“Here,” I said, “I’ve got a—”
He hauled off and swung with his bare fist, getting his plug out of his system, though not on Durkin. Grabbing an edge of the hole his fist had made, he yanked, and half the panel came. He looked inside and started to stick his hand in, but I shouldered him good and hard and sent him sideways. The others were there, three of them, surrounding me. “We don’t touch it, huh?” I instructed them, and bent down for a look in the radio, and there it was, lodged between a pair of tubes.
“Well?” Wolfe called as I straightened up.
“A good fat roll,” I told him and the world. “The one on the outside is a C. Do you—”

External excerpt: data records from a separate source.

-- ===== src/StorageProvider/UploadHandler/Handler.antt =====
-- storageProvider/uploadHandler.go: the checks of an upload request, and the name of its file. The
-- methods of the account, the request's form and the functions of strings and path/filepath are
-- parameters.
pub mod Endings
pub mod Answers
use archoncloud_go.Base.{
  ℕ, List, [], ◌∷◌, ◌++◌, map, ◌==◌, bytes_eq, not, ◌&&◌, ◌||◌, Bool, true, false, if◌then◌else◌,
  Option, none, some, Result, ok, err, panic, Error, guard, ◌>>=◌, ◌>>◌, missing_transaction_hash,
  unknown_chain, chain_not_handled, user_name_not_in_transaction, file_path_is_empty,
}
use archoncloud_go.Base.Int.{pos}
use archoncloud_go.Common.Bytes.{Bytes}
use archoncloud_go.Common.Names.{is_legal_file_path}
use archoncloud_go.Common.ArchonUrl.{slash, backslash}
use archoncloud_go.Common.ArchonUrl.Parse.{eth, neo}
use archoncloud_go.Shards.Erasure.{Infectious}
use archoncloud_go.StorageProvider.Pending.{AccountType, eth_account, neo_account, UploadTxInfo}
use archoncloud_go.StorageProvider.UploadHandler.{Provider, UploadPars, upload_shard}
use archoncloud_go.StorageProvider.UploadHandler.WholeFile.{upload_whole_file}

-- The methods of an account that the handler calls.
pub record UploadAccount : Type 0 where
  pub get_upload_tx_info : Bytes → Result UploadTxInfo
  pub permission : Bytes
  pub sign : Bytes → Result Bytes

-- The queries, the form with the name of its file and what it holds, the address and the time.
pub record Request : Type 0 where
  pub transaction_hash : Bytes
  pub chain : Bytes
  pub form : Result (Bytes × Bytes)
  pub cloud_dir : Bytes
  pub hash_url : Bool
  pub overwrite : Bool
  pub remote_addr : Bytes
  pub now : ℕ

-- What the client is told; a panic is caught by the server.
pub data Answer : Type 0 where
  uploaded : Answer
  bad_request forbidden : Error → Answer
  broken : Answer

abbrev pub without_drive : Bytes → Bytes
without_drive (a ∷ b ∷ bs) = if b == 58 then bs else a ∷ b ∷ bs
without_drive bs = bs

-- `strings.ReplaceAll`, on a system with "/".
abbrev pub to_slashes : Bytes → Bytes
to_slashes [] = []
to_slashes (b ∷ bs) = (if b == backslash then slash else b) ∷ to_slashes bs

module _ (trim_space : Bytes → Bytes) (base : Bytes → Bytes) (join : List Bytes → Bytes) where
  unfoldable pub get_file_name : Bytes → Bytes → Result Bytes
  get_file_name filename cloud_dir = do
    let trimmed = trim_space filename
    guard (not (bytes_eq trimmed [])) file_path_is_empty
    let name = base (to_slashes (without_drive trimmed))
    let c = trim_space cloud_dir
    let file_name = if bytes_eq c [] then name else join (c ∷ name ∷ [])
    is_legal_file_path file_name
    ok file_name

abbrev pub chain_of : Bytes → Result AccountType
chain_of block_ch =
    if bytes_eq block_ch eth
    then ok eth_account
    else if bytes_eq block_ch neo
    then ok neo_account
    else err unknown_chain

abbrev pub handled : Option UploadAccount → Result UploadAccount
handled (some acc) = ok acc
handled none = err chain_not_handled

-- What the checks have found: the account, the transaction, the parameters and the body.
pub record Checked : Type 0 where
  pub acc : UploadAccount
  pub up_tx : UploadTxInfo
  pub pars : UploadPars
  pub body : Bytes

module _ (get_account : AccountType → Option UploadAccount) (to_lower : Bytes → Bytes)
    (trim_space : Bytes → Bytes) (base : Bytes → Bytes) (join : List Bytes → Bytes) where
  unfoldable pub check_request : Request → Result Checked
  unfolding get_file_name
  check_request r = do
    guard (not (bytes_eq r.transaction_hash [])) missing_transaction_hash
    account ← chain_of (to_lower r.chain)
    acc ← handled (get_account account)
    up_tx ← acc.get_upload_tx_info r.transaction_hash
    (filename, body) ← r.form
    file_name ← get_file_name trim_space base join filename r.cloud_dir
    guard (r.hash_url || not (bytes_eq up_tx.user_name [])) user_name_not_in_transaction
    ok (record {
      acc = acc;
      up_tx = up_tx;
      pars = record {
        url = record {
          username = up_tx.user_name;
          permission = acc.permission;
          path = file_name;
          needed = pos 0;
          total = pos 0;
        };
        account = account;
        overwrite = r.overwrite;
        access_control_level = up_tx.access_control_level;
        transaction_hash = up_tx.tx_id;
        client = r.remote_addr;
        now = r.now;
      };
      body = body;
    })

  -- An error of the upload itself forbids it.
  abbrev pub answer_of : Result (Unit {0}) → Answer
  answer_of (ok u) = uploaded
  answer_of (err e) = forbidden e
  answer_of panic = broken

  module _ (fec : Infectious) (hash : Bytes → Bytes) (base58 : Bytes → Bytes) (root_folder : Bytes)
      (can_copy : Bytes → Bool) (can_create : Bytes → Bool) where
    unfoldable pub store : Checked → Provider → Result (Unit {0}) × Provider
    store c s =
        if c.up_tx.file_container_type == 0
        then upload_whole_file hash base58 join root_folder can_copy can_create c.pars
            c.up_tx.signature s c.body
        else upload_shard fec hash c.acc.sign base58 join root_folder can_create c.pars s c.body

    abbrev pub upload_checked : Result Checked → Provider → Answer × Provider
    upload_checked (ok c) s = let (r, s') = store c s in (answer_of r, s')
    upload_checked (err e) s = (bad_request e, s)
    upload_checked panic s = (broken, s)

    unfoldable pub upload_handler : Request → Provider → Answer × Provider
    unfolding check_request
    upload_handler r s = upload_checked (check_request r) s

Beaky Durkin, left to himself on the table, suddenly moved fast. He was on his feet and streaking for the door. Joe Eston, who had claimed it was a moral issue, leaped for him as if he had been a blazing line drive trying to get by, got to him in two bounds, and landed with his right. Durkin went down all the way, slamming the floor with his head, and lay still.
“That will do,” Wolfe said, as one who had earned the right to command. “Thank you, gentlemen. I needed help. Archie, get Mr. Hennessy.”
I went to Kinney’s desk and reached for the phone. At the instant my fingers touched it, it rang. So instead of dialing I lifted it and, feeling cocky, told it, “Nero Wolfe’s uptown office, Archie Goodwin speaking.”
“That you, Goodwin?”
I said yes.
“This is Inspector Hennessy. Is Durkin there?”